Even when companies got into trouble, they could expect to be bailed out. Lockheed, Litton, General Dynamics, Chrysler, Grumman, and other leading defense contractors demonstrated that the Pentagon’s propensity to protect its big prime contractors outweighed the inclination to hold them to the terms of their contracts. To subsidize the favored firms, the Department of Defense provided for subsidies to keep facilities open and to finance ongoing R&D, loans and loan guarantees, government-supplied plants and equipment, tax breaks, and strategic placement of new contracts.

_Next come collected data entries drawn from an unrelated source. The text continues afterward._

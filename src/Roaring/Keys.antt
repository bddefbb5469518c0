-- ===== src/Roaring/Keys.antt =====
-- What the binary searches over the keys of a directory find.
use arnm.Base.{
  ℕ, zero, suc, ◌-◌, ◌≤◌, ◌≡◌, ◌⊎◌, refl, ap, sym, ◌∙◌, List, [], ◌∷◌, none, some, true, false, inl,
  inr, arith, length, get_elem?, leb, ◌==◌, Bool-cases, Option-cases,
}
use arnm.Roaring.{Container, RoaringBitmap}
use arnm.Roaring.Ascending.{IsAscending, IsAscending-top}
use arnm.Roaring.Search.{
  entry_below, entry_upto, key_below, key_upto, container_after, first_container,
}
use arnm.Roaring.Counting.{
  count_below, count_below-le-length, count_below-above, count_below-all, search-eq, entry_below-eq,
  entry_upto-eq, no_last, has_last,
}

-- the keys of the containers, in order
unfoldable pub keys_of : List Container → List ℕ
keys_of [] = []
keys_of (c ∷ cs) = c.key ∷ keys_of cs

key_below-eq :
    (cs : List Container) (key i : ℕ) → key_below cs key i ≡ entry_below (keys_of cs) key i
unfolding key_below entry_below keys_of
key_below-eq [] key i = refl
key_below-eq (c ∷ cs) key zero = refl
key_below-eq (c ∷ cs) key (suc i) = key_below-eq cs key i

pub length-keys_of : (cs : List Container) → length (keys_of cs) ≡ length cs
unfolding keys_of
length-keys_of [] = refl
length-keys_of (c ∷ cs) = ap suc (length-keys_of cs)

no_first :
    (cs : List Container) (key : ℕ) → get_elem? cs 0 ≡ none → 0 ≡ count_below key (keys_of cs)
unfolding count_below keys_of
no_first [] key missing = refl
no_first (c ∷ cs) key missing = absurd (ground arith)

has_first :
    (cs : List Container) (c : Container) → get_elem? cs 0 ≡ some c → (length cs == 0) ≡ false
has_first [] c there = absurd (ground arith)
has_first (d ∷ cs) c there = ground arith

first_above :
    (cs : List Container) (key lo hi : ℕ)
    → IsAscending lo (keys_of cs) hi
    → (c : Container) → get_elem? cs 0 ≡ some c
    → leb key c.key ≡ true
    → count_below key (keys_of cs) ≡ 0
unfolding keys_of
first_above [] key lo hi h c there le = absurd (ground arith)
first_above (d ∷ cs) key lo hi (at_least, h) c there le =
    let same : d ≡ c = ground arith in
    let at_most : key ≤ d.key = rw same (ground arith) in
    count_below-above key d.key (d.key ∷ keys_of cs) hi (omega arith, h) at_most

-- arnm_roaring_first_container returns the number of containers whose keys are below the key.
pub first_container-eq-count_below :
    (s : RoaringBitmap) (key lo hi : ℕ)
    → IsAscending lo (keys_of s.containers) hi
    → s.count ≡ length s.containers
    → first_container s key ≡ count_below key (keys_of s.containers)
unfolding first_container keys_of
first_container-eq-count_below s key lo hi h counted =
    elim (Option-cases (get_elem? s.containers 0)) [
      | inl missing ↦ rw (missing, first_container) (no_first s.containers key missing)
      | inr (c, there) ↦
          let nonempty : (s.count == 0) ≡ false = rw counted (has_first s.containers c there) in
          rw (there, nonempty, first_container)
            (elim (Bool-cases (leb key c.key)) [
              | inl stops ↦ rw stops (sym (first_above s.containers key lo hi h c there stops))
              | inr goes ↦
                  rw (goes, counted)
                    (search-eq (key_below s.containers key) (count_below key (keys_of s.containers))
                      (length s.containers)
                      (λ i less.
                        key_below-eq s.containers key i
                        ∙ entry_below-eq key lo (keys_of s.containers) hi i h
                            (rw (length-keys_of s.containers) less))
                      (length s.containers) 0 (length s.containers) (omega arith)
                      (rw (length-keys_of s.containers) at
                        (count_below-le-length key (keys_of s.containers)))
                      (omega arith) (omega arith))
            ])
    ]

key_upto-eq : (cs : List Container) (key i : ℕ) → key_upto cs key i ≡ entry_upto (keys_of cs) key i
unfolding key_upto entry_upto keys_of
key_upto-eq [] key i = refl
key_upto-eq (c ∷ cs) key zero = refl
key_upto-eq (c ∷ cs) key (suc i) = key_upto-eq cs key i

get_elem?-keys_of :
    (cs : List Container) (i : ℕ)
    → ((get_elem? cs i ≡ none) × (get_elem? (keys_of cs) i ≡ none))
      ⊎ ((c : Container) × (get_elem? cs i ≡ some c) × (get_elem? (keys_of cs) i ≡ some c.key))
unfolding keys_of
get_elem?-keys_of [] i = inl (refl, refl)
get_elem?-keys_of (c ∷ cs) zero = inr (c, refl, refl)
get_elem?-keys_of (c ∷ cs) (suc i) = get_elem?-keys_of cs i

-- arnm_roaring_container_after returns the number of containers whose keys are not above the key.
pub container_after-eq-count_below :
    (s : RoaringBitmap) (key lo hi : ℕ)
    → IsAscending lo (keys_of s.containers) hi
    → s.count ≡ length s.containers
    → container_after s key ≡ count_below (suc key) (keys_of s.containers)
unfolding container_after
container_after-eq-count_below s key lo hi h counted =
    let keys = keys_of s.containers in
    let all : s.count ≡ length keys = counted ∙ sym (length-keys_of s.containers) in
    elim (get_elem?-keys_of s.containers (s.count - 1)) [
      | inl (missing, no_key) ↦
          rw (missing, container_after) (all ∙ no_last keys (rw all at no_key) key)
      | inr (last, there, its_key) ↦
          let at_end = rw all at its_key in
          let nonempty : (s.count == 0) ≡ false = rw all (has_last keys last.key at_end) in
          let top = IsAscending-top lo keys hi h last.key at_end in
          rw (there, nonempty, container_after)
            (elim (Bool-cases (leb last.key key)) [
              | inl all_in ↦
                  rw all_in (
                    all ∙ sym (count_below-all (suc key) lo keys (suc last.key) top (ground arith)))
              | inr more ↦ rw more (
                  search-eq (key_upto s.containers key) (count_below (suc key) keys) s.count
                    (λ i less.
                      key_upto-eq s.containers key i
                      ∙ entry_upto-eq keys key i
                      ∙ entry_below-eq (suc key) lo keys hi i h (rw all at less))
                    s.count 0 s.count (omega arith) (rw all (count_below-le-length (suc key) keys))
                    (omega arith) (omega arith))
            ])
    ]
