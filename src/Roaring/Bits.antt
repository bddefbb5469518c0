-- ===== src/Roaring/Bits.antt =====
-- The bits of a bitmap container as the low parts that it holds.
use arnm.Base.{
  ℕ, zero, suc, ◌*◌, ◌/◌, ◌%◌, ◌^◌, ◌≤◌, ◌<◌, ◌≡◌, ◌≢◌, refl, ap, sym, ◌∙◌, List, [], ◌∷◌, ◌++◌,
  Bool, true, false, ◌||◌, inl, inr, arith, length, get_or, set, replicate, ◌==◌, if◌then◌else◌,
  Bool-cases, length-set, append_assoc, append-nil,
}
use native.Mathlib.Decide.{ℕ_discrete}
use native.Mathlib.Nat.{pow-suc, pow-succ', div-div-eq-div-mul, zero-div}
use arnm.Roaring.Containers.{test_bit, with_bit, has_bit, set_bit, set_bits}
use arnm.Roaring.Ascending.{
  IsAscending, IsAscending-snoc, IsAscending-le, IsAscending-last, IsAscending-widen,
}

-- the numbers below `n` that pass the test, in order
unfoldable pub members : (ℕ → Bool) → ℕ → List ℕ
members test zero = []
members test (suc n) = let below = members test n in if test n then below ++ n ∷ [] else below

pub members_ext :
    (f g : ℕ → Bool) (n : ℕ) → ((i : ℕ) → i < n → f i ≡ g i) → members f n ≡ members g n
unfolding members
members_ext f g zero same = refl
members_ext f g (suc n) same =
    rw (members_ext f g n (λ i less. same i (omega arith)), same n (omega arith)) refl

-- A number past all others goes behind them.
pub members-snoc :
    (f g : ℕ → Bool) (x n : ℕ)
    → x < n
    → g x ≡ true
    → ((i : ℕ) → x ≤ i → i < n → f i ≡ false)
    → ((i : ℕ) → i ≢ x → i < n → g i ≡ f i)
    → members g n ≡ members f n ++ x ∷ []
unfolding members
members-snoc f g x zero less here past same = absurd (omega arith)
members-snoc f g x (suc n) less here past same = elim (ℕ_discrete n x) [
  | yes at_x ↦
      let below : members g n ≡ members f n =
        members_ext g f n (λ i small. same i (λ e. omega arith) (omega arith)) in
      let g_n : g n ≡ true = rw at_x here in
      rw (g_n, past n (omega arith) (omega arith), below, at_x) refl
  | no other ↦
      let f_n = past n (omega arith) (omega arith) in
      let g_n = same n other (omega arith) ∙ f_n in
      rw (g_n, f_n)
        (members-snoc f g x n (omega arith) here (λ i le small. past i le (omega arith))
          (λ i ne small. same i ne (omega arith)))
]

pub members-IsAscending : (f : ℕ → Bool) (n : ℕ) → IsAscending 0 (members f n) n
unfolding members
members-IsAscending f zero = omega arith
members-IsAscending f (suc n) = elim (Bool-cases (f n)) [
  | inl in_it ↦
      rw in_it (IsAscending-snoc 0 (members f n) n n (members-IsAscending f n) (omega arith))
  | inr out_of_it ↦
      rw out_of_it
        (IsAscending-widen 0 (members f n) n (suc n) (members-IsAscending f n) (omega arith))
]

members-none : (f : ℕ → Bool) (n : ℕ) → ((i : ℕ) → f i ≡ false) → members f n ≡ []
unfolding members
members-none f zero nothing = refl
members-none f (suc n) nothing = rw (nothing n, members-none f n nothing) refl

pub first_bit : (word : ℕ) → word / 2 ^ 0 % 2 ≡ word % 2
first_bit word = omega arith

with_bit_parity : (word bit : ℕ) → with_bit word (suc bit) % 2 ≡ word % 2
with_bit_parity word bit =
    let double : 2 ^ suc bit ≡ 2 ^ bit * 2 = pow-suc 2 bit in
    elim (Bool-cases (test_bit word (suc bit))) [
      | inl there ↦ rw there refl
      | inr clear ↦ rw clear (rw double (omega arith))
    ]

pub test_bit_half : (word bit : ℕ) → test_bit word (suc bit) ≡ test_bit (word / 2) bit
test_bit_half word bit =
    let shifted : word / 2 ^ suc bit ≡ word / 2 / 2 ^ bit =
      ap (λ n. word / n) (pow-succ' 2 bit) ∙ sym (div-div-eq-div-mul word 2 (2 ^ bit)) in
    ap (λ n. n % 2 == 1) shifted

with_bit_half : (word bit : ℕ) → with_bit word (suc bit) / 2 ≡ with_bit (word / 2) bit
with_bit_half word bit =
    let double : 2 ^ suc bit ≡ 2 ^ bit * 2 = pow-suc 2 bit in
    elim (Bool-cases (test_bit (word / 2) bit)) [
      | inl there ↦ rw (test_bit_half word bit ∙ there, there) refl
      | inr clear ↦ rw (test_bit_half word bit ∙ clear, clear) (rw double (omega arith))
    ]

test_bit-with_bit :
    (word bit i : ℕ) → test_bit (with_bit word bit) i ≡ ((i == bit) || test_bit word i)
test_bit-with_bit word zero zero = ground arith
test_bit-with_bit word zero (suc i) =
    let same : with_bit word 0 / 2 ≡ word / 2 = ground arith in
    test_bit_half (with_bit word 0) i
    ∙ ap (λ n. test_bit n i) same
    ∙ sym (test_bit_half word i)
    ∙ ground arith
test_bit-with_bit word (suc bit) zero =
    ap (λ n. n == 1)
      (first_bit (with_bit word (suc bit)) ∙ with_bit_parity word bit ∙ sym (first_bit word))
    ∙ ground arith
test_bit-with_bit word (suc bit) (suc i) =
    rw (test_bit_half (with_bit word (suc bit)) i, with_bit_half word bit, test_bit_half word i)
      (test_bit-with_bit (word / 2) bit i ∙ ap (λ b. b || test_bit (word / 2) i) (ground arith))

-- A bit set in the words is the one bit that changes.
get_or-set :
    (words : List ℕ) (i j v : ℕ)
    → i < length words
    → get_or (set words i v) j 0 ≡ (if j == i then v else get_or words j 0)
get_or-set [] i j v less = absurd (omega arith)
get_or-set (w ∷ ws) zero zero v less = ground arith
get_or-set (w ∷ ws) zero (suc j) v less = ground arith
get_or-set (w ∷ ws) (suc i) zero v less = ground arith
get_or-set (w ∷ ws) (suc i) (suc j) v less = get_or-set ws i j v (omega arith) ∙ ground arith

pub has_bit-set_bit :
    (words : List ℕ) (low i : ℕ)
    → low / 64 < length words
    → has_bit (set_bit low words) i ≡ ((i == low) || has_bit words i)
unfolding has_bit set_bit
has_bit-set_bit words low i less =
    let read =
      get_or-set words (low / 64) (i / 64) (with_bit (get_or words (low / 64) 0) (low % 64)) less in
    elim (ℕ_discrete (i / 64) (low / 64)) [
      | yes same ↦
          let here : (i / 64 == low / 64) ≡ true = ground arith in
          ap (λ n. test_bit n (i % 64))
            (read ∙ rw here (ap (λ n. with_bit (get_or words n 0) (low % 64)) (sym same)))
          ∙ test_bit-with_bit (get_or words (i / 64) 0) (low % 64) (i % 64)
          ∙ ap (λ b. b || test_bit (get_or words (i / 64) 0) (i % 64)) (ground arith)
      | no other ↦
          let elsewhere : (i / 64 == low / 64) ≡ false = ground arith in
          let apart : (i == low) ≡ false = ground arith in
          let unread : get_or (set_bit low words) (i / 64) 0 ≡ get_or words (i / 64) 0 =
            rw elsewhere at read in
          rw apart (ap (λ n. test_bit n (i % 64)) unread)
    ]

pub length-set_bit : (low : ℕ) (words : List ℕ) → length (set_bit low words) ≡ length words
unfolding set_bit
length-set_bit low words = length-set words (low / 64) _

-- The low parts of 1024 words.
unfoldable pub low_parts : List ℕ → List ℕ
low_parts words = members (has_bit words) 65536

-- Above the last member every bit is clear.
members-clear :
    (f : ℕ → Bool) (n top : ℕ)
    → IsAscending 0 (members f n) top
    → (i : ℕ) → top ≤ i
    → i < n
    → f i ≡ false
unfolding members
members-clear f zero top h i le less = absurd (omega arith)
members-clear f (suc n) top h i le less = elim (Bool-cases (f n)) [
  | inl there ↦
      let (front, below) = IsAscending-last 0 (members f n) n top (rw there at h) in
      absurd (omega arith)
  | inr clear ↦ elim (ℕ_discrete i n) [
    | yes same ↦ rw same clear
    | no other ↦ members-clear f n top (rw clear at h) i le (omega arith)
  ]
]

-- Setting a bit above all others adds its low part at the end.
pub low_parts-set_bit :
    (words : List ℕ) (low : ℕ)
    → length words ≡ 1024
    → low < 65536
    → IsAscending 0 (low_parts words) low
    → low_parts (set_bit low words) ≡ low_parts words ++ low ∷ []
unfolding low_parts
low_parts-set_bit words low all small below =
    let inside : low / 64 < length words = omega arith in
    let bits = has_bit-set_bit words low in
    members-snoc (has_bit words) (has_bit (set_bit low words)) low 65536 small
      (bits low inside ∙ ground arith)
      (λ i le less. members-clear (has_bit words) 65536 low below i le less)
      (λ i ne less. let other : (i == low) ≡ false = ground arith in bits i inside ∙ rw other refl)

pub low_parts-set_bits :
    (lows words : List ℕ) (lo : ℕ)
    → length words ≡ 1024
    → IsAscending 0 (low_parts words) lo
    → IsAscending lo lows 65536
    → low_parts (set_bits lows words) ≡ low_parts words ++ lows
unfolding set_bits
low_parts-set_bits [] words lo all below h = sym (append-nil (low_parts words))
low_parts-set_bits (low ∷ lows) words lo all below (at_least, h) =
    let small = IsAscending-le (suc low) lows 65536 h in
    let under = IsAscending-widen 0 (low_parts words) lo low below at_least in
    let here = low_parts-set_bit words low all (omega arith) under in
    let next = IsAscending-snoc 0 (low_parts words) low low under (omega arith) in
    low_parts-set_bits lows (set_bit low words) (suc low) (length-set_bit low words ∙ all)
      (rw here next) h
    ∙ rw here (append_assoc (low_parts words) (low ∷ []) lows)

pub length-set_bits : (lows words : List ℕ) → length (set_bits lows words) ≡ length words
unfolding set_bits
length-set_bits [] words = refl
length-set_bits (low ∷ lows) words =
    length-set_bits lows (set_bit low words) ∙ length-set_bit low words

get_or-replicate : (n i w : ℕ) → get_or (replicate n w) i w ≡ w
get_or-replicate zero i w = refl
get_or-replicate (suc n) zero w = refl
get_or-replicate (suc n) (suc i) w = get_or-replicate n i w

-- Words that are all zero hold nothing.
pub low_parts-zeros : low_parts (replicate 1024 0) ≡ []
unfolding low_parts has_bit
low_parts-zeros =
    members-none (has_bit (replicate 1024 0)) 65536
      (λ i. rw (get_or-replicate 1024 (i / 64) 0, zero-div (2 ^ (i % 64))) refl)

-- every word is a uint64_t
abbrev pub IsWords : List ℕ → Type 0
IsWords [] = Unit {0}
IsWords (w ∷ ws) = (w < 18446744073709551616) × IsWords ws

with_bit-lt : (width bit word : ℕ) → bit < width → word < 2 ^ width → with_bit word bit < 2 ^ width
with_bit-lt zero bit word inside small = absurd (omega arith)
with_bit-lt (suc width) zero word inside small =
    let double : 2 ^ suc width ≡ 2 ^ width * 2 = pow-suc 2 width in ground arith
with_bit-lt (suc width) (suc bit) word inside small =
    let double : 2 ^ suc width ≡ 2 ^ width * 2 = pow-suc 2 width in
    let half = with_bit-lt width bit (word / 2) (omega arith) (omega arith) in
    let same = with_bit_half word bit in omega arith

set-IsWords :
    (words : List ℕ) (i w : ℕ) → IsWords words → w < 18446744073709551616 → IsWords (set words i w)
set-IsWords [] i w all small = tt
set-IsWords (v ∷ vs) zero w (first, rest) small = (small, rest)
set-IsWords (v ∷ vs) (suc i) w (first, rest) small = (first, set-IsWords vs i w rest small)

pub get_or-lt : (words : List ℕ) (i : ℕ) → IsWords words → get_or words i 0 < 18446744073709551616
get_or-lt [] i all = omega arith
get_or-lt (v ∷ vs) zero (first, rest) = first
get_or-lt (v ∷ vs) (suc i) (first, rest) = get_or-lt vs i rest

pub set_bit-IsWords : (low : ℕ) (words : List ℕ) → IsWords words → IsWords (set_bit low words)
unfolding set_bit
set_bit-IsWords low words all = set-IsWords words (low / 64) _ all (
    with_bit-lt 64 (low % 64) (get_or words (low / 64) 0) (omega arith)
      (get_or-lt words (low / 64) all))

pub set_bits-IsWords : (lows words : List ℕ) → IsWords words → IsWords (set_bits lows words)
unfolding set_bits
set_bits-IsWords [] words all = all
set_bits-IsWords (low ∷ lows) words all =
    set_bits-IsWords lows (set_bit low words) (set_bit-IsWords low words all)

pub zeros-IsWords : (n : ℕ) → IsWords (replicate n 0)
zeros-IsWords zero = tt
zeros-IsWords (suc n) = (omega arith, zeros-IsWords n)
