-- ===== src/Roaring/Elements.antt =====
-- What a set holds, as the list of its values, and when a set is well formed.
use arnm.Base.{
  ℕ, suc, ◌*◌, ◌^◌, ◌≤◌, ◌<◌, ◌≡◌, ◌⊎◌, List, [], ◌∷◌, ◌++◌, true, false, map, length, ◌==◌,
  if◌then◌else◌,
}
use arnm.Result.{Result, is_success}
use arnm.Roaring.{
  Contents, array, bitmap, Container, RoaringBitmap, is_sparse, sparse_max, value_of,
}
use arnm.Roaring.Ascending.{IsAscending}
use arnm.Roaring.Keys.{keys_of}
use arnm.Roaring.Bits.{low_parts, IsWords}

-- the low parts that a container holds
unfoldable pub lows_of : Contents → List ℕ
lows_of (array lows) = lows
lows_of (bitmap words) = low_parts words

abbrev pub container_values : Container → List ℕ
container_values c = map (value_of c.key) (lows_of c.contents)

unfoldable pub directory_values : List Container → List ℕ
directory_values [] = []
directory_values (c ∷ cs) = container_values c ++ directory_values cs

-- the values of a set, in either form
unfoldable pub elements : RoaringBitmap → List ℕ
elements s = if is_sparse s then s.values else directory_values s.containers

-- An array fits its block, and a bitmap has all its words.
abbrev pub FitsBlock : ℕ → ℕ → Contents → Type 0
FitsBlock cardinality log2 (array lows) =
    (cardinality ≤ 4096) × (cardinality * 2 ≤ 2 ^ log2) × (4 ≤ log2) × (log2 ≤ 13)
FitsBlock cardinality log2 (bitmap words) = (length words ≡ 1024) × (log2 ≡ 13) × IsWords words

pub record IsContainer (c : Container) : Type 0 where
  pub some_values : 0 < c.cardinality
  pub counted : c.cardinality ≡ length (lows_of c.contents)
  pub ascending : IsAscending 0 (lows_of c.contents) 65536
  pub fits : FitsBlock c.cardinality c.block_log2 c.contents

abbrev pub AllContainers : List Container → Type 0
AllContainers [] = Unit {0}
AllContainers (c ∷ cs) = IsContainer c × AllContainers cs

-- A sparse set is within its limit and its block; an empty one may have no block.
pub record IsSparse (s : RoaringBitmap) : Type 0 where
  pub no_containers : s.count ≡ 0
  pub no_entries : s.containers ≡ []
  pub counted : s.cardinality ≡ length s.values
  pub limited : s.cardinality ≤ sparse_max
  pub blockless : s.block ≡ 0 → s.cardinality ≡ 0
  pub least : (s.block == 0) ≡ false → 4 ≤ s.directory_log2
  pub log2_small : s.directory_log2 ≤ 12
  pub fits : s.cardinality * 4 ≤ 2 ^ s.directory_log2

-- A directory is sorted by key, and it fits its block; an empty one may have no block.
pub record IsDirectory (s : RoaringBitmap) : Type 0 where
  pub numbered : s.count ≡ length s.containers
  pub blockless : s.block ≡ 0 → s.count ≡ 0
  pub sorted : IsAscending 0 (keys_of s.containers) 65536
  pub all : AllContainers s.containers
  pub least : (s.block == 0) ≡ false → 4 ≤ s.directory_log2
  pub log2_small : s.directory_log2 ≤ 20
  pub fits : s.count * 16 ≤ 2 ^ s.directory_log2

-- There is no value, or the last one is the maximum.
abbrev pub EndsWith : List ℕ → ℕ → Type 0
EndsWith xs maximum = (xs ≡ []) ⊎ ((front : List ℕ) × (xs ≡ front ++ maximum ∷ []))

-- The values ascend to the maximum and are counted, in one of the two forms.
pub record IsRoaring (s : RoaringBitmap) : Type 0 where
  pub counted : s.cardinality ≡ length (elements s)
  pub ascending : IsAscending 0 (elements s) (suc s.maximum)
  pub top : EndsWith (elements s) s.maximum
  pub bounded : s.maximum < 4294967296
  pub form : IsSparse s ⊎ ((0 < s.count) × IsDirectory s)

-- What a call leaves: one thing when it succeeds, another one when it does not.
abbrev pub Settles : Result → Type 0 → Type 0 → Type 0
Settles result done kept =
    ((is_success result ≡ true) × done) ⊎ ((is_success result ≡ false) × kept)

Congress, as usual, went where the money was. Defense-related jobs served as a major determinant of congressional defense decisions for both liberals and conservatives. Members of Congress strove to steer contracts and subcontracts to favored constituents, who rewarded them in turn with lavish campaign contributions, votes, and other payoffs. Congressional micro-management of the defense program grew ever more elaborate as lawmakers grasped new opportunities to control the disposition of defense resources. Resistance to base closures, in particular, prompted the most exquisite legislative maneuvers. For more than a decade after 1977, the Pentagon found it impossible to close any large defense facility, no matter how obsolete or otherwise unwarranted. Weapons systems no longer desired by the military, such as A-7 and A-10 aircraft in the early 1980s, got extended funding, thanks to the efforts of friendly legislators.
This waste of money had many other pernicious consequences. With great corporations, powerful military authorities, and members of Congress all linked in a mutually self-serving complex, there was little incentive to end the Cold War. Not that anyone craved World War III. But wealth, position, power, and perquisites all rode on the shoulders of the MICC. The best of all worlds, then, was massive, ongoing preparation for war that would never occur. But with the nation well-prepared for war, national leaders launched more readily into military adventures like those in Korea and Vietnam, not to mention a variety of smaller projections of force abroad. Among the costs of the MICC, we might count the more than 112,000 American deaths sustained in the Cold War’s hot engagements.
In retrospect, we can see clearly that World War II spawned the MICC and that the war’s long continuation as the Cold War created the conditions in which the MICC could survive and prosper. America’s economy sacrificed much of its potential dynamism as the massive commitment of resources to military R&D diverted them from the civilian opportunities being pursued with great success in Japan, Germany, and elsewhere. For the period 1948-1989, national defense spending consumed, on average, 7.5 percent of American GNP. The costs to liberty were also great, as national defense authorities, using the FBI, CIA, and other agencies, violated people’s constitutional rights on a wide scale.
When we are tempted to look back at World War II as the “good war,” we would do well to consider the full range of its consequences.